ChatGPT su Mac ora può leggere e rispondere agli iMessage Apple
OpenAI ha rilasciato un plugin per l’integrazione con l’app Messaggi di Apple, una mossa che, come sottolineato da Bloomberg, potrebbe sollevare significative preoccupazioni in termini di privacy e sicurezza. Attualmente disponibile solo per gli utenti di ChatGPT Work e Codex su Mac, questa nuova funzionalità consente di cercare messaggi, nonché di redigere e inviare risposte tramite il chatbot direttamente dal proprio desktop. Un esempio fornito da OpenAI mostra un utente che chiede a ChatGPT di individuare conversazioni perse il giorno precedente nella sua app Messaggi, per poi utilizzare il chatbot per formulare e spedire la sua risposta.
La funzionalità è, almeno, di tipo “opt-in”, il che significa che gli utenti devono attivarla esplicitamente. Bloomberg ha dettagliato i passaggi necessari: gli utenti dovranno innanzitutto autorizzare ChatGPT ad accedere alla cronologia dei Messaggi sul proprio Mac quando appare la schermata delle autorizzazioni durante il processo di configurazione. Verrà inoltre loro richiesto di modificare le preferenze sulla privacy nelle Impostazioni di Sistema del Mac per concedere a ChatGPT l’accesso completo al disco.

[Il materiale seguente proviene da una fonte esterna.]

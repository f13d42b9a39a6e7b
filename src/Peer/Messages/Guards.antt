-- ===== src/Peer/Messages/Guards.antt =====
-- When the case REQUEST of Peer::handleMessage, src/torrent/peer.cpp, may send anything.
use ytorrent.Base.{
  ℕ, ◌≤◌, ◌≡◌, ◌⊎◌, inl, inr, refl, ap, ◌∙◌, Bool, true, false, not, ◌==◌, ltb, if◌then◌else◌,
  if-cases, if-elim, arith, Outcome, done, ◌>>=◌, Ensures, Ensures-done, >>=-Ensures,
}
use ytorrent.Net.Link.{Connection, read, close, set_error_callback, is_connected, message_length}
use ytorrent.Net.Incoming.{IncomingMessage, get_size}
use ytorrent.Client.{
  Client, Peer, Platform, PeerError, modify_peer, on_conn, test_state, peer_interested, am_choking,
  max_block_request_size, bad_request, request_without_interest, request_while_choked,
  request_too_large,
}
use ytorrent.Torrent.Sizes.{piece_done}
use ytorrent.Torrent.Swarm.{handle_error, disconnect, disconnect_peer, remove_peer}
use ytorrent.Torrent.Serve.{handle_block_request}
use ytorrent.Peer.Messages.{keep_reading, extract_three, serve, on_request}

-- No peer was sent anything between the two states.
abbrev pub SentNothing : Client → Client → Type 0
SentNothing c d = (q : ℕ) → (d.peers q).conn.written ≡ (c.peers q).conn.written

same_index : (p q : ℕ) → (p == q) ≡ true → p ≡ q
same_index p q e = ground arith

modify_peer-SentNothing :
    (p : ℕ) (f : Peer → Peer) (c : Client)
    → ((x : Peer) → (f x).conn.written ≡ x.conn.written)
    → SentNothing c (modify_peer p f c)
modify_peer-SentNothing p f c h q =
    if-cases (λ (x : Peer). x.conn.written ≡ (c.peers q).conn.written) (p == q)
      (λ e. h (c.peers p) ∙ ap (λ n. (c.peers n).conn.written) (same_index p q e)) (λ e. refl)

close-written : (k : Connection) → (close k).written ≡ k.written
unfolding close
close-written k = if-elim (λ (x : Connection). x.written ≡ k.written) (is_connected k) refl refl

pub handle_error-SentNothing :
    (p : ℕ) (e : PeerError) (c : Client) → SentNothing c (handle_error p e c)
unfolding handle_error disconnect disconnect_peer remove_peer set_error_callback
handle_error-SentNothing p e c =
    modify_peer-SentNothing p disconnect_peer (remove_peer p e c) (λ x. close-written x.conn)

read-written : (n : ℕ) (k : Connection) → (read n message_length k).written ≡ k.written
unfolding read
read-written n k = if-elim (λ (x : Connection). x.written ≡ k.written) (is_connected k) refl refl

pub keep_reading-SentNothing : (p : ℕ) (c : Client) → SentNothing c (keep_reading p c)
unfolding keep_reading
keep_reading-SentNothing p c =
    modify_peer-SentNothing p (on_conn (read 4 message_length)) c (λ x. read-written 4 x.conn)

-- The request that the message holds may be answered.
abbrev pub MayAnswer : ℕ → IncomingMessage → Client → Type 0
MayAnswer p in_msg c =
    (get_size in_msg ≡ 12)
    × (test_state peer_interested (c.peers p) ≡ true)
    × (test_state am_choking (c.peers p) ≡ false)
    × ((index : ℕ) × (begin : ℕ) × (size : ℕ) × (extract_three in_msg ≡ done (index, begin, size))
        × (size ≤ max_block_request_size)
        × (piece_done c.torrent index ≡ done true))

abbrev Guarded : ℕ → IncomingMessage → Client → Client → Type 0
Guarded p in_msg c d = SentNothing c d ⊎ MayAnswer p in_msg c

not_flipped : (b : Bool) → not b ≡ false → b ≡ true
not_flipped true e = refl
not_flipped false e = absurd (cc e)

is_twelve : (n : ℕ) → not (n == 12) ≡ false → n ≡ 12
is_twelve n e = ground arith

after_lookup :
    (p : ℕ) (in_msg : IncomingMessage) (c : Client) (answer : Outcome Client) (have_it : Bool)
    → (have_it ≡ true → MayAnswer p in_msg c)
    → Ensures
        (Guarded p in_msg c)
        ((if have_it then answer else done c) >>= (λ d. done (keep_reading p d)))
after_lookup p in_msg c answer true h =
    >>=-Ensures (Guarded p in_msg c) answer (λ d. done (keep_reading p d)) (λ d e. inr (h refl))
after_lookup p in_msg c answer false h = inl (keep_reading-SentNothing p c)

not_larger : (a b : ℕ) → ltb a b ≡ false → b ≤ a
not_larger a b e = ground arith

on_request-Guarded :
    (platform : Platform) (p : ℕ) (in_msg : IncomingMessage) (c : Client)
    → Ensures (Guarded p in_msg c) (on_request platform p in_msg c)
unfolding on_request serve
on_request-Guarded platform p in_msg c =
    let P = Ensures (Guarded p in_msg c) in
    if-cases P (not (get_size in_msg == 12)) (λ _. inl (handle_error-SentNothing p bad_request c))
      (λ sized.
        if-cases P (not (test_state peer_interested (c.peers p)))
          (λ _. inl (handle_error-SentNothing p request_without_interest c))
          (λ asked.
            if-cases P (test_state am_choking (c.peers p))
              (λ _. inl (handle_error-SentNothing p request_while_choked c))
              (λ unchoked.
                >>=-Ensures (Guarded p in_msg c) (extract_three in_msg) _
                  λ (index, begin, size) numbers.
                    if-cases P (ltb max_block_request_size size)
                      (λ _. inl (handle_error-SentNothing p (request_too_large size) c))
                      (λ small.
                        >>=-Ensures (Guarded p in_msg c) (piece_done c.torrent index) _
                          λ have_it known.
                            after_lookup p in_msg c
                              (handle_block_request platform p index begin size c) have_it
                              (λ yes_it_has. (
                                is_twelve (get_size in_msg) sized,
                                not_flipped (test_state peer_interested (c.peers p)) asked,
                                unchoked,
                                (
                                  index,
                                  begin,
                                  size,
                                  numbers,
                                  not_larger max_block_request_size size small,
                                  known ∙ ap done yes_it_has,
                                ),
                              ))))))

-- A request that is handled sends something only if it has 12 bytes, the peer is interested and is not
-- choked, the block is 16 KiB at most, and the piece is there.
pub on_request-MayAnswer :
    (platform : Platform) (p : ℕ) (in_msg : IncomingMessage) (c d : Client)
    → on_request platform p in_msg c ≡ done d
    → SentNothing c d ⊎ MayAnswer p in_msg c
on_request-MayAnswer platform p in_msg c d e =
    Ensures-done (Guarded p in_msg c) (on_request platform p in_msg c) e
      (on_request-Guarded platform p in_msg c)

Ulteriormente, sarà necessario fornire a ChatGPT l’accesso ai nomi dei propri contatti e agli strumenti di automazione. In sintesi, l’installazione del plugin non potrà avvenire per errore o in modo involontario.
Non è ancora chiaro se OpenAI abbia collaborato con Apple per lo sviluppo di questo plugin, ma la casa di Cupertino ha una storia ben nota di interruzione dell’accesso di terze parti ai suoi servizi quando queste non ottengono un’autorizzazione preventiva. Nel 2024, ad esempio, Apple ha ripetutamente disabilitato l’accesso dell’app di chat Beeper Mini a iMessage, finché Beeper non ha rinunciato a implementare soluzioni che ripristinavano l’integrazione. Vale anche la pena notare che Apple e OpenAI non sono esattamente in buoni rapporti ultimamente. A luglio, Apple ha citato in giudizio OpenAI, accusandola di furto di segreti commerciali e sostenendo che OpenAI avrebbe assunto specificamente i suoi dipendenti con lo scopo di ottenere informazioni aziendali riservate.